Solo travel
In recent years, Taiwan’s hotels have also diversified their looks with an eye to meeting the needs of the more casual and cash-strapped travelers of the current era.
Single Inn, a former sauna located near the Kaohsiung train station, is now a 64-room hotel that sends its male and female guests into separate areas at check-in. The hotel offers only one kind of room, a single with a single bed, enough space to open a large suitcase, and a lockable sliding door for privacy. It also provides Wi-Fi access and a flatscreen TV that requires the use of headphones.
Guests share a sauna-style bathing area, toilet facilities and dressing tables, but the hotel offers amenities, including a screening room, reading room, and restaurant, and the option to arrange massages. It also costs as little as NT$900 per night (including breakfast). Highly regarded by backpackers, it averages 40% occupancy on off-peak days.
Su Peng-chin, a 30-something who runs Single Inn, says that to the older generation, a sauna was a complete leisure facility that integrated bathing, massage, and dining. It was also a convenient place for businesspeople traveling between northern and southern Taiwan to spend the night back when Kaohsiung’s economy was first taking flight.

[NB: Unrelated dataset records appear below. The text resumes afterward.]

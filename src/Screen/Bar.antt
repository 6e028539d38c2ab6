-- ===== src/Screen/Bar.antt =====
-- src/statusbar.c: the status bar in the last rows of the screen. statusbar_flash is called with
-- `waitflag` set, so that it ends before the next call.
use kindle_launchpad.Base.{ℕ, ℤ, pos, ◌-ℤ◌, Bytes, Outcome, ok, ◌>>=◌}
use kindle_launchpad.Pixop.Surface.{Pixmap, pixbuf_alloc}
use kindle_launchpad.Screen.Area.{
  screen_rect_at, screen_get_pixmap, screen_put_pixmap, screen_string_at, flash_thread,
}

abbrev pub statusbar_height : ℕ
statusbar_height = 30

-- `pscreen->surface.height - STATUSBAR_HEIGHT`
abbrev pub bar_top : Pixmap → ℤ
bar_top surface = pos surface.height -ℤ pos statusbar_height

-- The bar is cleared.
unfoldable pub clear_bar : Pixmap → Outcome Pixmap
unfolding screen_rect_at ◌-ℤ◌
clear_bar surface =
    screen_rect_at surface (pos 0) (bar_top surface) (pos surface.width) (pos statusbar_height) 0
    >>= λ r. ok r.0

-- The surface after, and `psav`.
unfoldable pub statusbar_show : Pixmap → Outcome (Pixmap × Pixmap)
unfolding screen_get_pixmap clear_bar pixbuf_alloc ◌-ℤ◌
statusbar_show surface = do
  (psav, n) ←
      screen_get_pixmap surface (pos 0) (bar_top surface)
        (pixbuf_alloc surface.width statusbar_height)
  cleared ← clear_bar surface
  ok (cleared, psav)

unfoldable pub statusbar_hide : Pixmap → Pixmap → Outcome Pixmap
unfolding screen_put_pixmap ◌-ℤ◌
statusbar_hide surface psav =
    screen_put_pixmap surface (pos 0) (bar_top surface) psav >>= λ r. ok r.0

unfoldable pub statusbar_text : Bytes → Pixmap → Bytes → Outcome Pixmap
unfolding clear_bar screen_string_at ◌-ℤ◌
statusbar_text font surface p = do
  cleared ← clear_bar surface
  (drawn, n) ← screen_string_at font cleared 30 (bar_top surface) p
  ok drawn

unfoldable pub statusbar_flash : Pixmap → ℕ → Outcome Pixmap
unfolding flash_thread ◌-ℤ◌
statusbar_flash surface count =
    flash_thread surface count (pos 0) (bar_top surface) surface.width statusbar_height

With the sauna business in decline, he talked his father, who was the original operator of the sauna, and his partners into converting their business into a hotel. Drawing ideas from Korea’s Jjimjilbang (a combination spa, gym, and snack bar popular with young people), foreign youth hostels, and Japanese “capsule” hotels, he developed a unique business model that he hoped would provide travelers “personal freedom without too much isolation.”
A home away from home
One question worth considering is whether an ideal hotel should make guests feel it is their “home away from home,” or rather should offer them new experiences.
Renowned industrial designer Hsieh Jung-ya believes that the international hotel industry has developed a very fixed concept of the hotel as a “home away from home” over the last 100 years. The industry’s core values and its underlying design aesthetic are built around the expectation that a hotel will be as relaxing, comfortable, and reliable as home.

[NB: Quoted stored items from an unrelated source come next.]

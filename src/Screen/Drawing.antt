-- ===== src/Screen/Drawing.antt =====
-- What src/statusbar.c draws in the status bar.
use kindle_launchpad.Base.{
  Returns-OnOk, ℕ, zero, suc, ◌+◌, ◌-◌, ◌*◌, ◌/◌, ◌%◌, ◌≤◌, ◌<◌, ◌≡◌, pos, ◌+ℤ◌, ◌-ℤ◌, leb_ℤ, ltb,
  if◌then◌else◌, if_rule, [], ◌∷◌, Bytes, length, length-drop, length-replicate, Returns,
  Returns->>=, Returns-map, arith,
}
use kindle_launchpad.Pixop.Surface.{Pixmap, stride, IsAllocated, pixbuf_alloc}
use kindle_launchpad.Pixop.Draw.{pix_blt, pix_fill, pixmap_xtract}
use kindle_launchpad.Pixop.Bounds.{pixmap_xtract-Returns}
use kindle_launchpad.Pixop.Kept.{
  SameShape, pixmap_xtract-SameShape, Kept, Kept-refl, Kept-trans, IsAllocated-Kept, pix_fill-Kept,
  pix_blt-Kept,
}
use kindle_launchpad.Screen.Font.{
  fnt_width, fnt_height, nbytesperchar, code_first, in_font, get_char_pixmap,
}
use kindle_launchpad.Screen.Area.{
  screen_rect_at, char_at, draw_chars, screen_string_at, flash_rounds, flash_thread,
}
use kindle_launchpad.Screen.Bar.{
  statusbar_height, bar_top, clear_bar, statusbar_text, statusbar_flash,
}

-- The row in which the bar starts.
abbrev pub first_row : Pixmap → ℕ
first_row p = p.height - statusbar_height

pub bar_top_lem : (p : Pixmap) → statusbar_height ≤ p.height → bar_top p ≡ pos (first_row p)
unfolding ◌-ℤ◌
bar_top_lem p h = ground arith

-- Sizes with which no sum of pix_fill and pix_blt overflows; screens have some hundred pixels.
abbrev pub max_size : ℕ
max_size = 1000000000

abbrev pub IsSmall : Pixmap → Type 0
IsSmall p = (p.width ≤ max_size) × (p.height ≤ max_size)

-- The bar of a surface may have been written in.
abbrev pub KeptAbove : Pixmap → Pixmap → Type 0
KeptAbove p q = Kept (first_row p) p q

pub pixbuf_alloc-IsAllocated : (w h : ℕ) → IsAllocated (pixbuf_alloc w h)
unfolding pixbuf_alloc
pixbuf_alloc-IsAllocated w h = length-replicate {A = ℕ} ((w + 1) / 2 * h) 0

pub clear_bar-Kept :
    (p : Pixmap)
    → IsAllocated p
    → statusbar_height ≤ p.height
    → IsSmall p
    → Returns (KeptAbove p) (clear_bar p)
unfolding clear_bar screen_rect_at ◌+ℤ◌
clear_bar-Kept p alloc h small = rw (bar_top_lem p h) (
    Returns->>= (λ r. KeptAbove p r.0) (KeptAbove p)
      (pix_fill p (pos 0) (pos (first_row p)) (pos p.width) (pos statusbar_height) 0) _
      (pix_fill-Kept p (pos 0) (first_row p) (pos p.width) (pos statusbar_height) 0 alloc
        (ground arith) (ground arith))
      (λ r k. k))

-- The bytes of all characters of the font.
abbrev pub font_size : ℕ
font_size = 256 * nbytesperchar

char_size :
    (font : Bytes) (c : ℕ)
    → font_size ≤ length font
    → let q = get_char_pixmap font c in stride q * q.height ≤ length q.surf
unfolding get_char_pixmap
char_size font c h =
    let code = in_font (c % 256) in
    let small : code ≤ 255 = ground arith in
    omega (arith, length-drop ((code - code_first) * nbytesperchar) font, small)

char_at-Returns : (s : Bytes) (i : ℕ) → i ≤ length s → Returns (λ c. Unit {0}) (char_at s i)
char_at-Returns [] zero h = tt
char_at-Returns [] (suc i) h = absurd (omega arith)
char_at-Returns (c ∷ s) zero h = tt
char_at-Returns (c ∷ s) (suc i) h = char_at-Returns s i (omega arith)

pos_add : (a b : ℕ) → pos a +ℤ pos b ≡ pos (a + b)
unfolding ◌+ℤ◌
pos_add a b = ground arith

module _ (font : Bytes) (whole : font_size ≤ length font) where
  -- One character.
  put_char-Kept :
      (m x c : ℕ) (p : Pixmap)
      → IsAllocated p
      → m ≤ max_size
      → x ≤ 2000000000
      → Returns (λ r. Kept m p r.0) (pix_blt p (pos x) (pos m) (get_char_pixmap font c))
  unfolding get_char_pixmap ◌+ℤ◌
  put_char-Kept m x c p alloc low far =
      pix_blt-Kept p (pos x) m (get_char_pixmap font c) alloc (char_size font c whole)
        (ground arith) (ground arith)

  draw_chars-Kept :
      (s : Bytes) (m n i x c : ℕ) (p : Pixmap)
      → IsAllocated p
      → i + n < length s
      → m ≤ max_size
      → x + n * fnt_width ≤ 2000000000
      → Returns (Kept m p) (draw_chars font s (pos m) n i (pos x) c p)
  unfolding draw_chars
  draw_chars-Kept s m zero i x c p alloc lt low far =
      Returns->>= (λ r. Kept m p r.0) (Kept m p)
        (pix_blt p (pos x) (pos m) (get_char_pixmap font c)) _
        (put_char-Kept m x c p alloc low (omega (arith, far)))
        (λ r k.
          Returns->>= (λ d. Unit {0}) (Kept m p) (char_at s (i + 1)) _
            (char_at-Returns s (i + 1) (omega arith)) (λ d y. k))
  draw_chars-Kept s m (suc n) i x c p alloc lt low far =
      Returns->>= (λ r. Kept m p r.0) (Kept m p)
        (pix_blt p (pos x) (pos m) (get_char_pixmap font c)) _
        (put_char-Kept m x c p alloc low (omega (arith, far)))
        (λ r k.
          Returns->>= (λ d. Unit {0}) (Kept m p) (char_at s (i + 1)) _
            (char_at-Returns s (i + 1) (omega arith))
            (λ d y.
              Returns-map (Kept m r.0) (Kept m p)
                (draw_chars font s (pos m) n (i + 1) (pos x +ℤ pos fnt_width) d r.0)
                (rw (pos_add x fnt_width) (
                  draw_chars-Kept s m n (i + 1) (x + fnt_width) d r.0
                    (IsAllocated-Kept m p r.0 alloc k) (omega arith) low (omega arith)))
                (λ q l. Kept-trans m p r.0 q k l)))

  screen_string_at-Kept :
      (p : Pixmap) (x0 m : ℕ) (s : Bytes)
      → IsAllocated p
      → 1 ≤ length s
      → m ≤ max_size
      → x0 ≤ 100
      → p.width ≤ max_size
      → Returns (λ r. Kept m p r.0) (screen_string_at font p x0 (pos m) s)
  unfolding screen_string_at
  screen_string_at-Kept p x0 m s alloc some_char low left narrow =
      let P = λ (r : Pixmap × ℕ). Kept m p r.0 in
      let fits = (p.width - x0) / (fnt_width - 2) in
      let n = if ltb (length s) fits then length s else fits in
      let le : n ≤ length s = ground arith in
      let few : n ≤ fits = ground arith in
      Returns->>= (λ c. Unit {0}) P (char_at s 0) _ (char_at-Returns s 0 (omega arith))
        (λ c y.
          if_rule (Returns P) (leb_ℤ (pos m +ℤ pos fnt_height) (pos p.height))
            (λ e.
              if_rule (Returns P) (leb_ℤ (pos (x0 + fnt_width)) (pos p.width))
                (λ e.
                  Returns->>= (Kept m p) P (draw_chars font s (pos m) (n - 1) 0 (pos x0) c p) _
                    (draw_chars-Kept s m (n - 1) 0 x0 c p alloc (omega (arith, le)) low
                      (omega (arith, few)))
                    (λ q k. k))
                (λ e. Kept-refl m p))
            (λ e. Kept-refl m p))

  pub statusbar_text-Kept :
      (p : Pixmap) (s : Bytes)
      → IsAllocated p
      → statusbar_height ≤ p.height
      → 1 ≤ length s
      → IsSmall p
      → Returns (KeptAbove p) (statusbar_text font p s)
  unfolding statusbar_text
  statusbar_text-Kept p s alloc h some_char (narrow, low) =
      let m = first_row p in
      Returns->>= (KeptAbove p) (KeptAbove p) (clear_bar p) _
        (clear_bar-Kept p alloc h (narrow, low))
        (λ q k. rw (bar_top_lem p h) (
          Returns->>= (λ r. Kept m q r.0) (KeptAbove p) (screen_string_at font q 30 (pos m) s) _
            (screen_string_at-Kept q 30 m s (IsAllocated-Kept m p q alloc k) some_char (omega arith)
              (omega arith) (rw k.0 narrow))
            (λ r l. Kept-trans m p q r.0 k l)))

flash_rounds-Kept :
    (count m : ℕ) (psave p : Pixmap)
    → IsAllocated p
    → IsAllocated psave
    → m ≤ max_size
    → IsSmall psave
    → Returns (Kept m p) (flash_rounds count (pos 0) (pos m) psave p)
unfolding flash_rounds ◌+ℤ◌
flash_rounds-Kept zero m psave p alloc from low small = Kept-refl m p
flash_rounds-Kept (suc count) m psave p alloc from low small =
    Returns->>= (λ r. Kept m p r.0) (Kept m p) (pix_blt p (pos 0) (pos m) psave) _
      (pix_blt-Kept p (pos 0) m psave alloc (omega (arith, from)) (ground arith) (ground arith))
      (λ r k.
        Returns-map (Kept m r.0) (Kept m p) (flash_rounds count (pos 0) (pos m) psave r.0)
          (flash_rounds-Kept count m psave r.0 (IsAllocated-Kept m p r.0 alloc k) from low small)
          (λ q l. Kept-trans m p r.0 q k l))

pub statusbar_flash-Kept :
    (p : Pixmap) (count : ℕ)
    → IsAllocated p
    → statusbar_height ≤ p.height
    → IsSmall p
    → Returns (KeptAbove p) (statusbar_flash p count)
unfolding statusbar_flash flash_thread pixbuf_alloc
statusbar_flash-Kept p count alloc h (narrow, low) =
    let saved = pixbuf_alloc p.width statusbar_height in
    rw (bar_top_lem p h) (
      Returns->>= (λ r. IsAllocated r.0 × SameShape saved r) (KeptAbove p)
        (pixmap_xtract saved (pos 0) (pos (first_row p)) p) _
        (Returns-OnOk _ _ _
          (pixmap_xtract-Returns saved (pos 0) (pos (first_row p)) p
            (pixbuf_alloc-IsAllocated p.width statusbar_height) alloc)
          (pixmap_xtract-SameShape saved (pos 0) (pos (first_row p)) p))
        (λ r (from, (width, height)).
          flash_rounds-Kept count (first_row p) r.0 p alloc from (omega arith)
            (rw width narrow, rw height (omega arith))))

But the global proliferation of “design hotels” over the last 30 years has turned this concept of “hotel as home” on its head. “People go on vacation to experience an ambiance different from that of their homes,” explains Hsieh, “to enrich their lives.”
Yen Chung-hsien argues instead that the industry’s final frontier is “redefining every aspect of your home and your life.” For example, General Hotel Management, a leader in the design hotel segment, delivers a different cultural experience in every country, while also providing guests with the inspiration to create a more delightful, comfortable home.
Perhaps the hotel awaiting you at the end of a day of travel is more a metaphor for home. The very transiency of your relationship with a hotel makes it better suited to the drifting of travel, and ultimately better able to soothe your weary spirit.